# Suche Server OS



## billionaire (29. September 2015)

Moin,

der Server ist fast beisammen, doch welches OS soll ich nutzen?

Specs:
CPU: i3-4130
GPU: HD4400
RAM: 2x 4GB Kingston 1333MHz
MB: Gigabyte GA-H97N-WiFi
PSU:  Fractal Design Integra M 450W
CASE: Fractal Design Node 304 weiß
SSD: MX200 250GB
HDD: 5x WD Red 3TB

Ich möchte den Server nur als Netzwerkspeicher nutzen, Wake-on-LAN sollte er können, der Server wird nicht als "PC" genutzt, nur als Speicher um verschiedene Aufgaben abzudecken. Mediastreaming, Lagerung von Rohdateien, Back Ups.
Ich hoffe, ihr könnt mir, als Server-Amateur, unter die Arme greifen.


Gruß

Billi


----------



## Stryke7 (29. September 2015)

Schau dir mal FreeNAS an,  das sollte dafür die einfachste Lösung bieten können.


----------



## DKK007 (29. September 2015)

Freenas sollte das richtige sein. Obwohl diese Funktionen alle besseren Router auch schon können.


----------



## Chinaquads (29. September 2015)

Wenn du das Ding doch nur als NAS Server und Media Server verwendest, wieso holst du dir dann nicht einfach eine WD MyCloud mit 2x8 TB ?

Mal blöd gefragt


----------



## intel64gamer (29. September 2015)

billionaire schrieb:


> Ich möchte den Server nur als Netzwerkspeicher nutzen, Wake-on-LAN sollte er können, der Server wird nicht als "PC" genutzt, nur als Speicher um verschiedene Aufgaben abzudecken. Mediastreaming, Lagerung von Rohdateien, Back Ups.
> Ich hoffe, ihr könnt mir, als Server-Amateur, unter die Arme greifen.

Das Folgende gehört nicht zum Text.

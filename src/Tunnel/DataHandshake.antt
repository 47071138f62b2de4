-- ===== src/Tunnel/DataHandshake.antt =====
-- src/tunnel/data-handshake.ts: a client and a node agree on a session, and the node proves its
-- identity for this very session. Messages are JSON values. Key pairs, nonces and the clock, which the
-- code makes on the way, are arguments; a private key stands for its key pair.
pub mod Agreed
pub mod Bound
use consensus_node.Base.{
  ℕ, Text, codes, text_eq, List, [], Option, none, some, ◌==◌, Result, ok, err, ◌>>=◌, ◌>>◌, guard,
  map_err, or_throw, or_else,
}
use consensus_node.Base.Int.{ℤ, pos}
use consensus_node.Base.Json.{
  Json, null, num, str, obj, Fields, end, field, JsonCodec, as_text, as_number, lookup,
}
use consensus_node.Crypto.Primitives.{Kdf, Signatures, Base64}
use consensus_node.Crypto.Channel.{
  ChannelError, SecureSession, client, server, derive_secure_session,
}
use consensus_node.Tunnel.Checks.{
  text_is, number_is, non_empty, is_object, object_fields, bytes_of, canonical_json,
}
use consensus_node.Tunnel.ResponderAuth.{
  ResponderError, VerifyProofOptions, create_challenge, sign_challenge, verify_proof,
}

abbrev pub data_handshake_protocol : Text
data_handshake_protocol = codes "consensus-data-plane"

abbrev pub data_handshake_version : ℕ
data_handshake_version = 1

abbrev pub init_type : Text
init_type = codes "data_init"

abbrev pub accept_type : Text
accept_type = codes "data_accept"

pub data HandshakeError : Type 0 where
  not_an_object wrong_type unsupported_protocol unsupported_version node_id_missing : HandshakeError
  not_a_text nothing_decoded timestamp_invalid session_id_missing proof_missing : HandshakeError
  other_node session_id_mismatch : HandshakeError
  channel_error : ChannelError → HandshakeError
  responder_error : ResponderError → HandshakeError

pub record ClientDataHandshake : Type 0 where
  pub private_key : ℕ
  pub client_nonce : List ℕ
  pub message : Json

pub record NodeDataHandshake : Type 0 where
  pub message : Json
  pub session : SecureSession

-- The public keys and the nonces as base64
pub record BindingInput : Type 0 where
  pub node_id : Text
  pub client_public_key : Text
  pub client_nonce : Text
  pub node_public_key : Text
  pub node_nonce : Text

unfoldable pub assert_base : Json → Text → Result HandshakeError Fields
assert_base value type = do
  message ← object_fields not_an_object value
  guard (text_is (lookup (codes "type") message) type) wrong_type
  guard (text_is (lookup (codes "protocol") message) data_handshake_protocol) unsupported_protocol
  guard (number_is (lookup (codes "version") message) data_handshake_version) unsupported_version
  ok message

-- A field that is known to be a text.
abbrev pub text_of : Option Json → Text
text_of v = or_else (as_text v) []

-- `createChallenge({ now: accept.proof.timestamp })`, whose check refuses what is no number
abbrev pub timestamp_of : ℤ → Option Json → Result HandshakeError ℤ
timestamp_of clock none = ok clock
timestamp_of clock (some null) = ok clock
timestamp_of clock (some (num n)) = ok n
timestamp_of clock (some _) = err timestamp_invalid

-- The fields of `accept.proof`
abbrev pub proof_of : Option Json → Fields
proof_of (some (obj fs)) = fs
proof_of _ = end

unfoldable pub init_fields : Text → Text → Text → ℤ → Fields
init_fields node_id public_key nonce now = field (codes "type") (str init_type) (
    field (codes "protocol") (str data_handshake_protocol) (
      field (codes "version") (num (pos data_handshake_version)) (
        field (codes "node_id") (str node_id) (
          field (codes "client_public_key") (str public_key)
            (field (codes "client_nonce") (str nonce) (field (codes "timestamp") (num now) end))))))

unfoldable pub accept_fields : Text → Text → Json → Fields
accept_fields public_key session_id proof = field (codes "type") (str accept_type) (
    field (codes "protocol") (str data_handshake_protocol) (
      field (codes "version") (num (pos data_handshake_version)) (
        field (codes "node_public_key") (str public_key)
          (field (codes "session_id") (str session_id) (field (codes "proof") proof end)))))

module _ (base64 : Base64) where
  unfoldable pub decode_base64 : Option Json → Result HandshakeError (List ℕ)
  decode_base64 value = bytes_of base64.decode not_a_text nothing_decoded value

  unfoldable pub assert_data_init : Json → Result HandshakeError Fields
  assert_data_init value = do
    message ← assert_base value init_type
    guard (non_empty (lookup (codes "node_id") message)) node_id_missing
    public_key ← decode_base64 (lookup (codes "client_public_key") message)
    nonce ← decode_base64 (lookup (codes "client_nonce") message)
    timestamp ← or_throw (as_number (lookup (codes "timestamp") message)) timestamp_invalid
    ok message

  unfoldable pub assert_data_accept : Json → Result HandshakeError Fields
  assert_data_accept value = do
    message ← assert_base value accept_type
    public_key ← decode_base64 (lookup (codes "node_public_key") message)
    guard (non_empty (lookup (codes "session_id") message)) session_id_missing
    guard (is_object (lookup (codes "proof") message)) proof_missing
    ok message

  -- The arguments are the drawn key, the drawn nonce and the time.
  unfoldable pub create_data_init : Kdf → Text → ℤ → ℕ → List ℕ → ClientDataHandshake
  create_data_init kdf node_id now private_key nonce = record {
    private_key = private_key;
    client_nonce = nonce;
    message = obj (
        init_fields node_id (base64.encode (kdf.public_key private_key)) (base64.encode nonce) now);
  }

  module _ (kdf : Kdf) (json : JsonCodec) where
    unfoldable pub channel_binding : BindingInput → List ℕ
    channel_binding input = kdf.sha256 (
        canonical_json json (
          obj (
            field (codes "protocol") (str data_handshake_protocol) (
              field (codes "version") (num (pos data_handshake_version)) (
                field (codes "node_id") (str input.node_id) (
                  field (codes "client_public_key") (str input.client_public_key) (
                    field (codes "client_nonce") (str input.client_nonce) (
                      field (codes "node_public_key") (str input.node_public_key)
                        (field (codes "node_nonce") (str input.node_nonce) end)))))))))

    -- The binding as the client computes it: from what it sent, the accept message and the proof.
    unfoldable pub client_binding : ClientDataHandshake → Fields → Fields → Text → List ℕ
    client_binding ours message proof node_id =
        let asked = proof_of (some ours.message) in
        channel_binding (record {
          node_id = node_id;
          client_public_key = text_of (lookup (codes "client_public_key") asked);
          client_nonce = text_of (lookup (codes "client_nonce") asked);
          node_public_key = text_of (lookup (codes "node_public_key") message);
          node_nonce = text_of (lookup (codes "node_nonce") proof);
        })

    unfoldable pub proof_options :
        Text → ℕ → Option ℤ → List ℕ → Fields → ℤ → List ℕ → VerifyProofOptions
    proof_options node_id key now client_nonce proof asked_at transcript = record {
      proof = obj proof;
      challenge = create_challenge base64 node_id asked_at client_nonce (some transcript);
      expected_node_id = node_id;
      expected_node_public_key = key;
      now = now;
      clock_tolerance_sec = none;
      max_age_sec = none;
    }

    module _ (signatures : Signatures) where
      -- The identity's key, the node's id, the time, the drawn key and the drawn nonce.
      unfoldable pub accept_data_init :
          Json → ℕ → Text → ℤ → ℕ → List ℕ → Result HandshakeError NodeDataHandshake
      accept_data_init init identity_key node_id now private_key node_nonce = do
        message ← assert_data_init init
        guard (text_is (lookup (codes "node_id") message) node_id) other_node
        let node_public_key = base64.encode (kdf.public_key private_key)
        let transcript = channel_binding (record {
          node_id = node_id;
          client_public_key = text_of (lookup (codes "client_public_key") message);
          client_nonce = text_of (lookup (codes "client_nonce") message);
          node_public_key = node_public_key;
          node_nonce = base64.encode node_nonce;
        })
        peer ← decode_base64 (lookup (codes "client_public_key") message)
        client_nonce ← decode_base64 (lookup (codes "client_nonce") message)
        session ← map_err channel_error (
            derive_secure_session kdf server private_key peer client_nonce node_nonce
              (some transcript))
        proof ← map_err responder_error (
            sign_challenge base64 signatures json
              (create_challenge base64 node_id now client_nonce (some transcript)) identity_key
              node_id now node_nonce)
        ok (record {
          message = obj (accept_fields node_public_key session.session_id proof);
          session = session;
        })

      -- The client's handshake, the accept message, what is expected, and the time.
      unfoldable pub derive_client_data_session :
          ClientDataHandshake → Json → Text → ℕ → Option ℤ → ℤ → Result HandshakeError SecureSession
      derive_client_data_session ours accept expected_node_id expected_key now clock = do
        message ← assert_data_accept accept
        let proof = proof_of (lookup (codes "proof") message)
        let transcript = client_binding ours message proof expected_node_id
        asked_at ← timestamp_of clock (lookup (codes "timestamp") proof)
        proven ← map_err responder_error (
            verify_proof base64 signatures json clock (
              proof_options expected_node_id expected_key now ours.client_nonce proof asked_at
                transcript))
        peer ← decode_base64 (lookup (codes "node_public_key") message)
        server_nonce ← decode_base64 (lookup (codes "node_nonce") proof)
        session ← map_err channel_error (
            derive_secure_session kdf client ours.private_key peer ours.client_nonce server_nonce
              (some transcript))
        guard (text_is (lookup (codes "session_id") message) session.session_id) session_id_mismatch
        ok session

Welches OS du benutzt ist wohl eher davon abhängig womit du zurecht kommst. Deine Anforderungen kannst du locker mit Windows oder jedem Linux/BSD erfüllen.

Wenn du Linux-basiert mit Web-Interface willst:

OpenMediaVault: OpenMediaVault - The open network attached storage solution

Rockstor: Rockstor | Linux & BTRFS powered Opensource NAS solution

Wenn du mit ner Kommandozeile zurecht kommst hast du freie Wahl an Linux Distros.



Stryke7 schrieb:


> Schau dir mal FreeNAS an,  das sollte dafür die einfachste Lösung bieten können.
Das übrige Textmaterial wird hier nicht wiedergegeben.